Source records:
--------------------
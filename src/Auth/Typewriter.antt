-- ===== src/Auth/Typewriter.antt =====
-- web/src/modules/auth/components/auth.tsx: the text that `Typewriter` shows. A tick is one run of the
-- effect's timer; the wait before the text is deleted counts as one.
pub mod Laws
use Prim.Native.String.{◌++◌}
use scylladb_grpc_microservi.Common.{
  ℕ, zero, suc, ◌+◌, ◌-◌, ◌%◌, String, Bool, true, false, List, [], ◌∷◌, ltb, length, is_blank,
  if◌then◌else◌, text_length, text_take, text_drop,
}

pub record Typing : Type 0 where
  pub display_text : String
  pub current_index : ℕ
  pub is_deleting : Bool
  pub text_array_index : ℕ

-- `textArray[i] || ""`
unfoldable pub text_at : ℕ → List String → String
text_at i [] = ""
text_at zero (t ∷ ts) = t
text_at (suc i) (t ∷ ts) = text_at i ts

abbrev pub char_at : ℕ → String → String
char_at i s = text_take 1 (text_drop i s)

unfoldable pub type_on : Bool → (current_text : String) → Typing → Typing
type_on loop current_text s =
    if ltb s.current_index (text_length current_text)
    then record s {
      display_text = s.display_text ++ char_at s.current_index current_text;
      current_index = s.current_index + 1;
    }
    else if loop
    then record s { is_deleting = true }
    else s

unfoldable pub delete_on : (texts : ℕ) → Typing → Typing
delete_on texts s =
    if ltb 0 (text_length s.display_text)
    then record s { display_text = text_take (text_length s.display_text - 1) s.display_text }
    else record s {
      is_deleting = false;
      current_index = 0;
      text_array_index = (s.text_array_index + 1) % texts;
    }

unfoldable pub tick : Bool → List String → Typing → Typing
tick loop texts s =
    let current_text = text_at s.text_array_index texts in
    if is_blank current_text
    then s
    else if s.is_deleting
    then delete_on (length texts) s
    else type_on loop current_text s

abbrev pub ticks : Bool → List String → ℕ → Typing → Typing
ticks loop texts zero s = s
ticks loop texts (suc n) s = tick loop texts (ticks loop texts n s)

abbrev pub start : ℕ → Typing
start i = record { display_text = ""; current_index = 0; is_deleting = false; text_array_index = i }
--------------------
◆ Work to complete ◆
Reply with the number of lines in the entries that hold the word "String", and add no other words.

◆ Response box ◆
8